* **Task goal**:
Looking at the data, count the lines where the word "afresh" occurs and answer with only the number.

* **Data listing**:
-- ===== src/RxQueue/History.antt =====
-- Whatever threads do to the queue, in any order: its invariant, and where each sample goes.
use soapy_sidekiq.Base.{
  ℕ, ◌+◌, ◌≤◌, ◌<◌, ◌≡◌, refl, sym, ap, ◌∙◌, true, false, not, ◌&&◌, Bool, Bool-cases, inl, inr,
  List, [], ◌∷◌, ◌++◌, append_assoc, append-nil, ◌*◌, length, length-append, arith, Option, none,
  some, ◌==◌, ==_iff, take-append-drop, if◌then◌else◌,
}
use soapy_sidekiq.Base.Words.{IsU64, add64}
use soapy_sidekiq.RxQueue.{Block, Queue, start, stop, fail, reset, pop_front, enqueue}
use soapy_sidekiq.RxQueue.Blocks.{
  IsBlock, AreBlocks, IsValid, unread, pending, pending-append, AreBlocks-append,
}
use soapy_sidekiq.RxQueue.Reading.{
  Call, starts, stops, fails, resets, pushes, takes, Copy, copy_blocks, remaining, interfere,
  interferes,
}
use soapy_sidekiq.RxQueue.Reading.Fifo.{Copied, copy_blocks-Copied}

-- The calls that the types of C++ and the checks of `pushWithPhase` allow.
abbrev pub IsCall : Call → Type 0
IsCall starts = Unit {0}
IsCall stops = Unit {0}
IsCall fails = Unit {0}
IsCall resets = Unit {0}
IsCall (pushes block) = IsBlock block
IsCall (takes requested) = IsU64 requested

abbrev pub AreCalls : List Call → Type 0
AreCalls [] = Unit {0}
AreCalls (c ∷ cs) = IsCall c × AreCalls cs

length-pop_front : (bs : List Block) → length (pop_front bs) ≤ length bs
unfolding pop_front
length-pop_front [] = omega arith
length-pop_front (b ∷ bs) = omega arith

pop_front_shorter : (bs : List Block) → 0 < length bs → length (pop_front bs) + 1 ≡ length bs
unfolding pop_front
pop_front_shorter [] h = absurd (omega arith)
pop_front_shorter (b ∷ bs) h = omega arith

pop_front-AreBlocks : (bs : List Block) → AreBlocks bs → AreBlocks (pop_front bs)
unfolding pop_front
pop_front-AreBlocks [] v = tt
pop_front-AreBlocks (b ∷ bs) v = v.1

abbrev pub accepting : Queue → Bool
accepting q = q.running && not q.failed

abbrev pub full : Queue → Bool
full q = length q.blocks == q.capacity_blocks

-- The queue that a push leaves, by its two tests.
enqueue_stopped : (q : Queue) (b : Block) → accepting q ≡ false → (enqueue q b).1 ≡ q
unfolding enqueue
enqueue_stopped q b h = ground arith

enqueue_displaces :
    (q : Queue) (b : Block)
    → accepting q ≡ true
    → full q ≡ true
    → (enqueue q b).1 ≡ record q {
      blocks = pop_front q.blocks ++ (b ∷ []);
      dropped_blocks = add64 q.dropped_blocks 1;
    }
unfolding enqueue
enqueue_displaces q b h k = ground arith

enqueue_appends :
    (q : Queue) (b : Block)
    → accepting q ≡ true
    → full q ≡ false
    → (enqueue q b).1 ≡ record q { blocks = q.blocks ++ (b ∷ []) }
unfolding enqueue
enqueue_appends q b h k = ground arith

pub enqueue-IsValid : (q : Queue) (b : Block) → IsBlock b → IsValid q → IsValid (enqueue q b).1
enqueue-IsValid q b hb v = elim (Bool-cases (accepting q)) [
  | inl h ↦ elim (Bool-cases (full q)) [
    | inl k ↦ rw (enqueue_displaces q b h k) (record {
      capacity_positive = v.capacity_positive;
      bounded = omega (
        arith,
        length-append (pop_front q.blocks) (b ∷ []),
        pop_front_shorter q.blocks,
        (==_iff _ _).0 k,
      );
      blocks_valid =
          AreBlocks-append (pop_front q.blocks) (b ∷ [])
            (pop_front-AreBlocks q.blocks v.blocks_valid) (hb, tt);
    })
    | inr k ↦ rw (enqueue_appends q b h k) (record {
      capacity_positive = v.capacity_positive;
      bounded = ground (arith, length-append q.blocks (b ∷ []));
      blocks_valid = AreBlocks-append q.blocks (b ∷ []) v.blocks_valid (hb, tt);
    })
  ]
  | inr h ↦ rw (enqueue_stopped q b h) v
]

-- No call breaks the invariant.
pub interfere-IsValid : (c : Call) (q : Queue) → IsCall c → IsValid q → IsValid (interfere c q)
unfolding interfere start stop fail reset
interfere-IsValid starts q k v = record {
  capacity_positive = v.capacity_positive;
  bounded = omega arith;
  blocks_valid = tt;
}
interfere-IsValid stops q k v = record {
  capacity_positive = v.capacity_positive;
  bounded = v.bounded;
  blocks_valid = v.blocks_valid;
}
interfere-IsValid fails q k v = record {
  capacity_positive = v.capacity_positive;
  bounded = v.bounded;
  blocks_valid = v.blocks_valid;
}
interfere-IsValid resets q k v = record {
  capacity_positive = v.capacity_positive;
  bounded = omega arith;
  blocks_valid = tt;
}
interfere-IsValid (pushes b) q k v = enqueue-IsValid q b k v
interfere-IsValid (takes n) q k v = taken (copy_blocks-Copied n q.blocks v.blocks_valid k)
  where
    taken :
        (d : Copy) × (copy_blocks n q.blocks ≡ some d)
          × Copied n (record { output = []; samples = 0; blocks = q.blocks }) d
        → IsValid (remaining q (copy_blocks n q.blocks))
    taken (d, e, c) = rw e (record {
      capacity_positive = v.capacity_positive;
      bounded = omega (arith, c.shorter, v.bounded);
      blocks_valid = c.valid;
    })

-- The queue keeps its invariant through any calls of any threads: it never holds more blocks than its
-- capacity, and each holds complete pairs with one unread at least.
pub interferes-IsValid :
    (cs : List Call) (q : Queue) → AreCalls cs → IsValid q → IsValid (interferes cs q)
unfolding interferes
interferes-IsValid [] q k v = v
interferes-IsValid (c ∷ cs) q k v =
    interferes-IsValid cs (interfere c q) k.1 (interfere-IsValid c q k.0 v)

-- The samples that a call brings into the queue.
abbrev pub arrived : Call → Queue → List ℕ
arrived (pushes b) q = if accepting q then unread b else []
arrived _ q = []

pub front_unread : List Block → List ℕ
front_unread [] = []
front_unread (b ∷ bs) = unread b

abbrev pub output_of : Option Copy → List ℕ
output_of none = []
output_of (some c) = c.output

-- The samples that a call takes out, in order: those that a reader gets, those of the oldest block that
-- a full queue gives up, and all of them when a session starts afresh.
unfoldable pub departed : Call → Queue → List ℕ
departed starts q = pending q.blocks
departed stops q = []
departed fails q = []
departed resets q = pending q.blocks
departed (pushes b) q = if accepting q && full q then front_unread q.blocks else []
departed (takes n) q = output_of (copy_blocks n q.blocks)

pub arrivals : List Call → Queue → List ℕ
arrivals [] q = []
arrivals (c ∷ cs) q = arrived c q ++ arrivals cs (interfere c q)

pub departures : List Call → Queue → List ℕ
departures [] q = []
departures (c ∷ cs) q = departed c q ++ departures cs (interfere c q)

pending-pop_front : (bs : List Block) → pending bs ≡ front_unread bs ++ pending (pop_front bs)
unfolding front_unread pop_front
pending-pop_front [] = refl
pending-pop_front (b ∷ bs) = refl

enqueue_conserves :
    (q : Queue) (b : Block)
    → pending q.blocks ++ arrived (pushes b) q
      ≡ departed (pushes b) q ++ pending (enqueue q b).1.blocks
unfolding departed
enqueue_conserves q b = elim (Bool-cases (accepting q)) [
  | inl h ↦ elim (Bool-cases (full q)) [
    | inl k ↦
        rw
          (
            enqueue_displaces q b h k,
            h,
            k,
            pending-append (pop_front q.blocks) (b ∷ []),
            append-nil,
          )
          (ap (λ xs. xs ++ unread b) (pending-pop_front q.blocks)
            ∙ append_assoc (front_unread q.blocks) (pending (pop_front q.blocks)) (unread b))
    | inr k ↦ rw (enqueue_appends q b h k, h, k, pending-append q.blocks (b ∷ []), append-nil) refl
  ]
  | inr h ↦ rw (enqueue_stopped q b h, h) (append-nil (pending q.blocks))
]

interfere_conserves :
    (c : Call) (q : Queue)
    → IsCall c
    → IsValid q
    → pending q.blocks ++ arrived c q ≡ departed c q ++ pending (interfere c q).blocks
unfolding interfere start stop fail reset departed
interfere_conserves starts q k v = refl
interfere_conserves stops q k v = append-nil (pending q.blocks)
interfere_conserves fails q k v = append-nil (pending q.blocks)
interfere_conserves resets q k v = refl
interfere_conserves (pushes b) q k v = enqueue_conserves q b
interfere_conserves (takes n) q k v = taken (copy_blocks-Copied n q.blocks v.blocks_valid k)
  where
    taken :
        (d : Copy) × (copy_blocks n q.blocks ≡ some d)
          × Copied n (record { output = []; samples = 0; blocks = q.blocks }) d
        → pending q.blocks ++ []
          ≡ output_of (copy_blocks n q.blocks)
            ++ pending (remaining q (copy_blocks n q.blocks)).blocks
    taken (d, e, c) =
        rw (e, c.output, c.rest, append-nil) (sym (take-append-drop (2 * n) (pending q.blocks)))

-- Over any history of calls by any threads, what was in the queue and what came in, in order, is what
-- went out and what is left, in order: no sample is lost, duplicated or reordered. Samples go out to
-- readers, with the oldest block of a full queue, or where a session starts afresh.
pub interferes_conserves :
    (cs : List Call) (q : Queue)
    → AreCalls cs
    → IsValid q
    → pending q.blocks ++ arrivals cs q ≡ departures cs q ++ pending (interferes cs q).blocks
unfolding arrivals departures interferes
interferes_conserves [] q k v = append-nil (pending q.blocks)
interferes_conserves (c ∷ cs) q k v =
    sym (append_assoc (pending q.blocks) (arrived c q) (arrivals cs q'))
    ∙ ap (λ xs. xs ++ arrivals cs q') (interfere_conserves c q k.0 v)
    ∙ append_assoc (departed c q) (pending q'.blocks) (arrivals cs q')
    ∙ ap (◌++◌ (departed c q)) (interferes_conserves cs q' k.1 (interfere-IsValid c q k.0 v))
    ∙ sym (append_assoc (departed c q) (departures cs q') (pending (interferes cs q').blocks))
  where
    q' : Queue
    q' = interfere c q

--

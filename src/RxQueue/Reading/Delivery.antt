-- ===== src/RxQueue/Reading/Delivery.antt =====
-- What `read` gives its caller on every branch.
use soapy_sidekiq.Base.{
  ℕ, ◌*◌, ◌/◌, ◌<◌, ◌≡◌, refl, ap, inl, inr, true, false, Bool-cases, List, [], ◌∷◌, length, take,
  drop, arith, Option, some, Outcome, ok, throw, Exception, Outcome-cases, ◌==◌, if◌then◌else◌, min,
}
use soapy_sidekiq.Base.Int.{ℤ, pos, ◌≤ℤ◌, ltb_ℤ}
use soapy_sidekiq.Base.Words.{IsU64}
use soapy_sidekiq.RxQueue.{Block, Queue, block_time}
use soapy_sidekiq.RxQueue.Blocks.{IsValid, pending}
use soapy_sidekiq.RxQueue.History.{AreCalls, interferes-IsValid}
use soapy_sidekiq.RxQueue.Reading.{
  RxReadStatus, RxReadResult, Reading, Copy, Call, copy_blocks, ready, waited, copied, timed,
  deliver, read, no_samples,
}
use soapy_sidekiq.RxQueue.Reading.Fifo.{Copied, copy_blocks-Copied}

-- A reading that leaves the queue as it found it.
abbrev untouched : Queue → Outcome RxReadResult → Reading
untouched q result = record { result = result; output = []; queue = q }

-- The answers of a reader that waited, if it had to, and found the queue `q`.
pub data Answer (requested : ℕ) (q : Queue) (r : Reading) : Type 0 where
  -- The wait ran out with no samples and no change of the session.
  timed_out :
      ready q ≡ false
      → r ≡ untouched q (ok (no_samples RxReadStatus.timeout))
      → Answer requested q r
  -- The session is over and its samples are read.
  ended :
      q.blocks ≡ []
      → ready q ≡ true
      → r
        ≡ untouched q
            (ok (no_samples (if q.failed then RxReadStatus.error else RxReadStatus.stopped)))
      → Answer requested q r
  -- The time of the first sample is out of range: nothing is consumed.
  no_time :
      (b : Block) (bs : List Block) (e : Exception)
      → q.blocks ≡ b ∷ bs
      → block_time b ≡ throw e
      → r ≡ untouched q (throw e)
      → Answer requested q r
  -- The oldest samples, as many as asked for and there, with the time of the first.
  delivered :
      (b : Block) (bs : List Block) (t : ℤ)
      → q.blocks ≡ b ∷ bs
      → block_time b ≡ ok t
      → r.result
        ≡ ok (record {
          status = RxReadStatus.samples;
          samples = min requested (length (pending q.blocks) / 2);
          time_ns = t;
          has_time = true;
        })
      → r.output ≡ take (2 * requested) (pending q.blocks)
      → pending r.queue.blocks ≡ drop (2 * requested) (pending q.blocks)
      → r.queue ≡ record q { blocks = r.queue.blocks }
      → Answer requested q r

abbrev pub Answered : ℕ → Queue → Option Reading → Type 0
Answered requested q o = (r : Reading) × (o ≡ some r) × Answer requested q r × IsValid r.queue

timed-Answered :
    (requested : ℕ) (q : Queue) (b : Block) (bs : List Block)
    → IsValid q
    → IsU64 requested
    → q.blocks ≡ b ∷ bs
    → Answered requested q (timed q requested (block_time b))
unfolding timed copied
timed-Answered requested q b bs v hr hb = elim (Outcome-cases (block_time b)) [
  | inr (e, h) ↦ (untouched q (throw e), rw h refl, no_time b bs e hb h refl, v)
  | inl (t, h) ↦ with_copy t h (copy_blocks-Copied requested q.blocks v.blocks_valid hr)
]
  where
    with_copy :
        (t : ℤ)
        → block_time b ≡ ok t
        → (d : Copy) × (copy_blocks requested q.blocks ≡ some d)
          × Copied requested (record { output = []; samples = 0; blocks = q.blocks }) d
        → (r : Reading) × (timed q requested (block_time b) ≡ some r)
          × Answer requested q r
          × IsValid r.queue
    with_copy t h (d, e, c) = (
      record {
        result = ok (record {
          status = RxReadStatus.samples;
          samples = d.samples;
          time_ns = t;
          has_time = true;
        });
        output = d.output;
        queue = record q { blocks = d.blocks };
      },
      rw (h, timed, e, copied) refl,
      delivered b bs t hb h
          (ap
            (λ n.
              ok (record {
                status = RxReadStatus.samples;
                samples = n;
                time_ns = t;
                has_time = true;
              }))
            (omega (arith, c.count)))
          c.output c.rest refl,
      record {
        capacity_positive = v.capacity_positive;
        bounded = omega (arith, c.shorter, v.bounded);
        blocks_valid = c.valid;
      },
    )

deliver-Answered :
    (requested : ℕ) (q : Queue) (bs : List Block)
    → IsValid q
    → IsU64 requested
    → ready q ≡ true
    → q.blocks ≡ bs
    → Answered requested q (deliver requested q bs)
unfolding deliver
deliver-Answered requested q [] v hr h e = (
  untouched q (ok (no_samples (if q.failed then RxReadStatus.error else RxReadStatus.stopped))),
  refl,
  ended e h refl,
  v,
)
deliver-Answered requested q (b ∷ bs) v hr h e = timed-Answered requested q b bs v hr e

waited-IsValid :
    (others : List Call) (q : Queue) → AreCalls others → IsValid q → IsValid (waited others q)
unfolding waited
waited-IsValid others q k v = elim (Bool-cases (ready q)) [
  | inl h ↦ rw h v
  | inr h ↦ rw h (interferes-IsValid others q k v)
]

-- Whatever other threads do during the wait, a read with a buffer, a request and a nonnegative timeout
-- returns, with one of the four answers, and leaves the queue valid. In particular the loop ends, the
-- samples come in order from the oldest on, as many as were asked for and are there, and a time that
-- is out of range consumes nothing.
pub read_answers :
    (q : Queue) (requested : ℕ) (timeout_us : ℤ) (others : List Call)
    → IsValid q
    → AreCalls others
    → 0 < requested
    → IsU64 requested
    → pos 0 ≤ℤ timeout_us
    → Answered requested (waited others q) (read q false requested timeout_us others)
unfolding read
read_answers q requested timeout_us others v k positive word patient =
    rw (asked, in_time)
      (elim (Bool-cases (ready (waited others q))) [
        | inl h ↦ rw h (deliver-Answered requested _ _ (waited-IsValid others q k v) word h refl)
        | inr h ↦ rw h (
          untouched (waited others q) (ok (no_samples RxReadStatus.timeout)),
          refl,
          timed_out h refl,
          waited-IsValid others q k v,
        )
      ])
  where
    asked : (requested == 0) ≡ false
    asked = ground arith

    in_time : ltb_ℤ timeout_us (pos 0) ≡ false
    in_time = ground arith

---

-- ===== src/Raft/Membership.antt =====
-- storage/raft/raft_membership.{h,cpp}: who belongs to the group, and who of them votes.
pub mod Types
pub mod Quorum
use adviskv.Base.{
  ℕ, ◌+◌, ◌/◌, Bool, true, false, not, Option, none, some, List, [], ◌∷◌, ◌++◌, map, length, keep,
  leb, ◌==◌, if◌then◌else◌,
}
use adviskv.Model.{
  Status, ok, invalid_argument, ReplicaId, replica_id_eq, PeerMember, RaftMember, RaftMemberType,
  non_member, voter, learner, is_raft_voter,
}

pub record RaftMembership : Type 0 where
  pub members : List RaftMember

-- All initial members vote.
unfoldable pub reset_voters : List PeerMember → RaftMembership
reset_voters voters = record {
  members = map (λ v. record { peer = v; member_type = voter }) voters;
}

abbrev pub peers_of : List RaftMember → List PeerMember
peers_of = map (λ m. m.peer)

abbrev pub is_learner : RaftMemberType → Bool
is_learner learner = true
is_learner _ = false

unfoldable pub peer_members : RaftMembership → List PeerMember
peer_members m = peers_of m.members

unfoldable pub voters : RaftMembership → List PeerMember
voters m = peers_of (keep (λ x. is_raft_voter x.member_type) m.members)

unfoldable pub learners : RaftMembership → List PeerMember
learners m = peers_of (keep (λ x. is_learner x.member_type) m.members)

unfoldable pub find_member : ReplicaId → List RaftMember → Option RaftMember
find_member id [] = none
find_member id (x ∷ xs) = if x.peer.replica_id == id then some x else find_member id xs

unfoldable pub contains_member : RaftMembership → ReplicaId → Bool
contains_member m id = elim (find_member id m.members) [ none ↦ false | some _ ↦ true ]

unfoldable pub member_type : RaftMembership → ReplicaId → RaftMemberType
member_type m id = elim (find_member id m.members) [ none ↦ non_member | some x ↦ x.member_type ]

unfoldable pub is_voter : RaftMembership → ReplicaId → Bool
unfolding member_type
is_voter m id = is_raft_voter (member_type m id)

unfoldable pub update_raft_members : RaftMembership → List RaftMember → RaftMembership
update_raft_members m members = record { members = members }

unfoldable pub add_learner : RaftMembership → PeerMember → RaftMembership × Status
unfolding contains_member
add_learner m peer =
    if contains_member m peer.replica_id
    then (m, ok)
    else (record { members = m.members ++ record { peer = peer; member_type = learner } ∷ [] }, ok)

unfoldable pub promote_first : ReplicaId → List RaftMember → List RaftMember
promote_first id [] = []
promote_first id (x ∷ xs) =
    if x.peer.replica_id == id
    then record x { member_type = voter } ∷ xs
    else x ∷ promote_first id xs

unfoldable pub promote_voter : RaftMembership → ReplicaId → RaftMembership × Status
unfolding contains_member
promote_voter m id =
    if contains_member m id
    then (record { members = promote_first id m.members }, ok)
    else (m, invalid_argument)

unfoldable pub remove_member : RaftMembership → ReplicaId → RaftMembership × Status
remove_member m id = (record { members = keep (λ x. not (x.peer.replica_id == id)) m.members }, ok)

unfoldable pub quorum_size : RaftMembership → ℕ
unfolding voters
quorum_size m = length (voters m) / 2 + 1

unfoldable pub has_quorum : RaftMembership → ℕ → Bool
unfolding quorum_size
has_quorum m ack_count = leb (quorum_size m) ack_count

* **Exercise result**:
2